As demand for energy in a booming oil and gas industry increases, so does the demand for diesel technicians. Located in Wahpeton, N.D., NDSCS’s general diesel program offers students hands-on learning to service equipment from various manufacturers — engines, drive trains, hydraulic systems and electrical systems found on trucks, agricultural and industrial equipment.

General training includes a mix of classroom instruction and hands-on experience through internships with equipment manufacturers. In this case, students will train specifically on Komatsu engines and equipment.   

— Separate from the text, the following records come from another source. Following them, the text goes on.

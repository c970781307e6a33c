-- ===== src/Rtd/Faults.antt =====
-- What `del_ax25_route` does with the IP routes that go to the callsign, and where it reads an entry that
-- it has freed.
use linuxax.Prelude.{
  ℕ, suc, ◌-◌, ◌≡◌, ◌↔◌, refl, sym, ◌∙◌, inl, inr, Bool, true, false, ◌&&◌, List, [], ◌∷◌, ◌++◌,
  some, length, All, arith, if◌then◌else◌, append_assoc, append-nil, Bool-cases, Option-cases, same,
}
use linuxax.Ipd.Frame.{◌>>=◌}
use linuxax.Rtd.{
  IpEntry, Ax25Entry, Config, Cache, Request, del_kernel_ip_route, del_kernel_ax25_route, unlink,
  remove_ip_route, remove_ip_routes, remove_ax25_route, del_ax25_route,
}
use linuxax.Rtd.Entries.{without}

-- No IP route goes to the callsign.
abbrev pub HasNoIpRoute : List ℕ → Cache → Type 0
HasNoIpRoute call c = All (λ (e : IpEntry). same e.call call ≡ false) c.ip_routes

abbrev pub goes_to : List ℕ → IpEntry → Bool
goes_to call e = same e.call call

-- What the kernel is asked for the IP routes that go to the callsign.
unfoldable pub requests : List ℕ → List IpEntry → List Request
requests call [] = []
requests call (e ∷ es) =
    let more = requests call es in
    if same e.call call then del_kernel_ip_route e.iface e.ip ∷ more else more

-- The cache without the IP routes among `left` that go to the callsign.
unfoldable pub rid_of : List ℕ → (before left : List IpEntry) → Cache → Cache
rid_of call before left c = record c {
  ip_routes = before ++ without (goes_to call) left;
  ip_routes_cnt = c.ip_routes_cnt - length (requests call left);
  kernel = c.kernel ++ requests call left;
}

remove_ip_routes-true :
    (call : List ℕ) (before left : List IpEntry) (c : Cache)
    → c.ip_routes ≡ before ++ left
    → remove_ip_routes true call before left c ≡ some (rid_of call before left c)
unfolding remove_ip_routes remove_ip_route rid_of requests without
remove_ip_routes-true call before [] c e =
    let none_less : c.ip_routes_cnt - 0 ≡ c.ip_routes_cnt = omega arith in
    rw (append-nil c.kernel, none_less, sym e) refl
remove_ip_routes-true call before (iprt ∷ left) c e = elim (Bool-cases (same iprt.call call)) [
  | inl hit ↦
      let one_less : c.ip_routes_cnt - 1 - length (requests call left)
          ≡ c.ip_routes_cnt - suc (length (requests call left)) =
        omega arith in
      rw (hit) (
        remove_ip_routes-true call before left (remove_ip_route iprt (before ++ left) c) refl
        ∙ rw
            (
              append_assoc c.kernel (del_kernel_ip_route iprt.iface iprt.ip ∷ [])
                  (requests call left),
              one_less,
            )
            refl)
  | inr miss ↦ rw (miss) (
      remove_ip_routes-true call (before ++ (iprt ∷ [])) left c
        (e ∙ sym (append_assoc before (iprt ∷ []) left))
      ∙ rw (append_assoc before (iprt ∷ []) (without (goes_to call) left)) refl)
]

remove_ip_routes-false :
    (call : List ℕ) (before left : List IpEntry) (c : Cache)
    → ((c' : Cache) × (remove_ip_routes false call before left c ≡ some c'))
      ↔ All (λ (e : IpEntry). same e.call call ≡ false) left
unfolding remove_ip_routes
remove_ip_routes-false call before [] c = ((λ s. tt), (λ h. (c, refl)))
remove_ip_routes-false call before (iprt ∷ left) c = elim (Bool-cases (same iprt.call call)) [
  | inl hit ↦
      ((λ (c', go). absurd (let bad = rw (hit) at go in cc)), (λ h. absurd (let bad = h.0 in cc)))
  | inr miss ↦
      let deep = remove_ip_routes-false call (before ++ (iprt ∷ [])) left c in
      (
        (λ (c', go). (miss, deep.0 (c', rw (miss) at go))),
        (λ h. let (c', go) = deep.1 h.1 in (c', rw (miss) go)),
      )
]

-- A route of the cache, which `del_ax25_route` finds. Where `next` of a freed entry can still be read, it
-- is removed with all IP routes to its callsign, the others keep their order, the counts are lowered by
-- what is removed, and the kernel is asked to remove each, the AX.25 route last. Where that read is
-- undefined, `del_ax25_route` comes to an end exactly if no IP route goes to the callsign.
pub del_ax25_route-removes :
    (cfg : Config) (call : List ℕ) (c : Cache) (bp : Ax25Entry) (rest : List Ax25Entry)
    → unlink (λ (e : Ax25Entry). same call e.call && same cfg.dev e.iface) c.ax25_routes
      ≡ some (bp, rest)
    → (del_ax25_route true cfg call c
        ≡ some (
          0,
          record c {
            ip_routes = without (goes_to bp.call) c.ip_routes;
            ip_routes_cnt = c.ip_routes_cnt - length (requests bp.call c.ip_routes);
            ax25_routes = rest;
            ax25_routes_cnt = c.ax25_routes_cnt - 1;
            kernel =
                (c.kernel ++ requests bp.call c.ip_routes)
                ++ (del_kernel_ax25_route bp.iface bp.call ∷ []);
          },
        ))
      × (((r : ℕ) × (c' : Cache) × (del_ax25_route false cfg call c ≡ some (r, c')))
          ↔ HasNoIpRoute bp.call c)
unfolding del_ax25_route remove_ax25_route rid_of
del_ax25_route-removes cfg call c bp rest go =
    let lax = remove_ip_routes-true bp.call [] c.ip_routes (record c { ax25_routes = rest }) refl in
    let strict = remove_ip_routes-false bp.call [] c.ip_routes (record c { ax25_routes = rest }) in
    (
      rw (go, del_ax25_route) (rw (lax, ◌>>=◌) refl),
      (
        (λ (r, c', e).
            strict.0
              (elim (Option-cases
                (remove_ip_routes false bp.call [] c.ip_routes (record c { ax25_routes = rest }))) [
                  | inl freed ↦ absurd (
                      let found = rw (go, del_ax25_route) at e in
                      let bad = rw (freed, ◌>>=◌) at found in cc)
                  | inr found ↦ found
                ])),
        (λ h.
            let (d, end) = strict.1 h in
            (
              0,
              record d {
                ax25_routes_cnt = d.ax25_routes_cnt - 1;
                kernel = d.kernel ++ (del_kernel_ax25_route bp.iface bp.call ∷ []);
              },
              rw (go, del_ax25_route) (rw (end, ◌>>=◌) refl),
            )),
      ),
    )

“There are a lot of diesel technology programs around and we have one of those,” Marohl says. “Students who come into our general diesel program receive training in construction equipment, agriculture equipment and over-the-road truck or transportation equipment.” 

The new program begins August 2014 and graduates earn an Associate of Applied Science degree to become service technicians in various fields, including the oil and gas industry. 

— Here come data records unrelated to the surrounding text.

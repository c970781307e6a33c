-- ===== src/Rtd/Held.antt =====
-- What both caches keep: a count that is right, the limit, and keys that are all different.
use mathlib.Core.Path.{subst}
use linuxax.Prelude.{
  ℕ, zero, suc, ◌+◌, ◌-◌, ◌≤◌, ◌≡◌, ◌≢◌, sym, ap, ◌∙◌, Bool, List, [], ◌∷◌, some, length, take, All,
  arith, some_inj, length-take,
}
use linuxax.Rtd.{make_room}
use linuxax.Rtd.Entries.{
  Unlinked, length-middle, All-take, make_room-take, make_room-none, Distinct, Distinct-middle,
  Distinct-take,
}

module _ {ℓ κ} {A : Type ℓ} {K : Type κ} (key : A → K) where
  -- One cache: its limit, its count, and its entries.
  pub record Held (maxroutes cnt : ℕ) (es : List A) : Type (ℓ ⊔ κ) where
    pub counted : cnt ≡ length es
    pub bounded : length es ≤ maxroutes
    pub distinct : Distinct key es

  module _ (maxroutes cnt : ℕ) (es : List A) (h : Held maxroutes cnt es) where
    pub Unlinked-Distinct :
        {test : A → Bool} {e : A} {rest : List A}
        → Unlinked test es e rest
        → All (λ e'. key e ≢ key e') rest × Distinct key rest
    Unlinked-Distinct {e} u =
        let parts =
          Distinct-middle key u.before e u.after (subst (Distinct key) u.whole h.distinct) in
        rw u.left parts

    pub Unlinked-length :
        {test : A → Bool} {e : A} {rest : List A}
        → Unlinked test es e rest
        → length es ≡ suc (length rest)
    Unlinked-length {e} u =
        ap length u.whole ∙ length-middle u.before e u.after ∙ ap (λ t. suc (length t)) (sym u.left)

    -- An entry moves to the front, whatever it then holds beside its key.
    pub Held-front :
        {test : A → Bool} {e : A} {rest : List A} (e' : A)
        → Unlinked test es e rest
        → key e' ≡ key e
        → Held maxroutes cnt (e' ∷ rest)
    Held-front e' u same_key =
        let (apart, distinct) = Unlinked-Distinct u in
        let count = Unlinked-length u in
        record {
          counted = h.counted ∙ count;
          bounded = omega (arith, h.bounded);
          distinct = (rw same_key apart, distinct);
        }

    pub Held-unlink :
        {test : A → Bool} {e : A} {rest : List A}
        → Unlinked test es e rest
        → Held maxroutes (cnt - 1) rest
    Held-unlink u =
        let count = Unlinked-length u in
        record {
          counted = omega (arith, h.counted);
          bounded = omega (arith, h.bounded);
          distinct = (Unlinked-Distinct u).1;
        }

  -- A new entry, with room made for it.
  pub Held-new :
      (maxroutes cnt cnt' : ℕ) (es es' : List A) (e : A)
      → Held maxroutes cnt es
      → All (λ e'. key e ≢ key e') es
      → make_room maxroutes cnt es ≡ some (cnt', es')
      → Held maxroutes (cnt' + 1) (e ∷ es')
  Held-new zero cnt cnt' [] es' e h apart made =
      absurd (let bad = rw (h.counted, make_room-none) at made in cc)
  Held-new zero cnt cnt' (x ∷ es) es' e h apart made = absurd (omega (arith, h.bounded))
  Held-new (suc max) cnt cnt' es es' e h apart made =
      let same : (length (take max es), take max es) ≡ (cnt', es') =
        some_inj (sym (make_room-take max es h.bounded) ∙ (rw (h.counted) at made)) in
      let kept : take max es ≡ es' = ap (λ t. t.1) same in
      let count : length (take max es) ≡ cnt' = ap (λ t. t.0) same in
      subst (λ t. Held (suc max) (cnt' + 1) (e ∷ t)) kept
        (record {
          counted = omega arith;
          bounded = omega (arith, length-take max es);
          distinct = (All-take _ max es apart, Distinct-take key max es h.distinct);
        })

“What isn’t run by diesel in that industry?” says Terry Marohl, department chair of the diesel technology program department. 

In the general diesel technology program, students train on equipment from Caterpillar, Cummins, John Deere, Case, Kenworth and Peterbilt — to name a few. 

“They get exposure to all makes, all models and all brands,” he says. “Wherever they decide to go on their career path, they have a good start as an entry-level technician.” 

Partnership programs are designed for individuals who want to become a manufacturer-specific technician. Students receive more in-depth training on one brand, which is advantageous for manufacturers that invest in new employees who need additional education.

With the oil and gas boom expected to surpass most expert’s predictions and last for up to 40 more years, an increased need for skilled labor in oilfields nationwide is certain. 

“For every new technology deployed, for every new well, for every new oilfield, there remains a critical shortage of skilled workers,” says an article on Ideaslaboratory.com

In the article, Rhys Long, a GE Oil & Gas trainee production engineer, says, “It’s important to obtain some insider knowledge on the industry so work experience placements and internships are a good starting point.” 

NDSCS has similar partnership programs with other manufacturers for individuals who want to earn brand-specific training. “Manufacturers are basically growing their own technicians, and then sending them here to school to get their product-specific training and get them up to speed,” Marohl says. 

A skilled labor gap is evidence that more programs like these are necessary to educate workers in the oil and gas industry. Additional training also improves overall workforce development. 

Marohl’s favorite part of the diesel technology program is working with young men and women as they develop into the career they chose. 

“It’s neat to see that they’re excited about the career, then watch them hone their skills and be ready to go out and enter the workforce,” he says. “Any time you work with young people, that’s neat to see.”